> [The problem]: The answer must be every line below that contains the string "bitrate".

> [Records for the exercise]:
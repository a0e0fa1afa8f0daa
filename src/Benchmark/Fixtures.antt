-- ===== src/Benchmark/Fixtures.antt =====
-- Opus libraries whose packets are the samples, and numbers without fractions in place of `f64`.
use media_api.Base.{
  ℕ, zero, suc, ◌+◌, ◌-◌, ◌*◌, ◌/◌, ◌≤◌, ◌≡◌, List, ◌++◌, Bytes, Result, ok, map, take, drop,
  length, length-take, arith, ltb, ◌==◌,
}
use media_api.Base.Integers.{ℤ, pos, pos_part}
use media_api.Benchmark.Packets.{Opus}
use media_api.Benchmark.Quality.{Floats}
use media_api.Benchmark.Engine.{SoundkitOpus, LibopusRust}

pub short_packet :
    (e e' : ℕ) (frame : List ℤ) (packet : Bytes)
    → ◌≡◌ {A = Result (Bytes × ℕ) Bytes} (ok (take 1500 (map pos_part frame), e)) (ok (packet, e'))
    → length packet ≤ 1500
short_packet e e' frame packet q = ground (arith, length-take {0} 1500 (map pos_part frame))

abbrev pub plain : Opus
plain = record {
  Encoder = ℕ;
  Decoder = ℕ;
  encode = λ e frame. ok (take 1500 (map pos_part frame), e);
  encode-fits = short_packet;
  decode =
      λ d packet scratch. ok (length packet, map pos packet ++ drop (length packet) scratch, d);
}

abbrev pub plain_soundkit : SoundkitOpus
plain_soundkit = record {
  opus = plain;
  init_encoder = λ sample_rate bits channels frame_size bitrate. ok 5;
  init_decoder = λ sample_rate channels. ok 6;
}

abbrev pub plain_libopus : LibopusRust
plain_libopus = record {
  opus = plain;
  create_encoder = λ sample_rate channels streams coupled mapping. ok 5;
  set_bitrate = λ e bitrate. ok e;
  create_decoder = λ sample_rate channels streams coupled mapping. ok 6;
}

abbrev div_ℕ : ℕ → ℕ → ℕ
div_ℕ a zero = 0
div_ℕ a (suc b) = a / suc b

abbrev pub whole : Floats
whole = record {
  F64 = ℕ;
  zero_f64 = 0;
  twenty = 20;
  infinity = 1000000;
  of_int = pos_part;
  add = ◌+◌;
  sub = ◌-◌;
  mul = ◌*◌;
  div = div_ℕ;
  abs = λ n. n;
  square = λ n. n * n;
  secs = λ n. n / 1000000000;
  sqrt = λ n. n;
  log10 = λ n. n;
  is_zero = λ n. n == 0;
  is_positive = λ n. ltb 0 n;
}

> [Written response]:
  init_encoder = λ sample_rate bits channels frame_size bitrate. ok 5;
  set_bitrate = λ e bitrate. ok e;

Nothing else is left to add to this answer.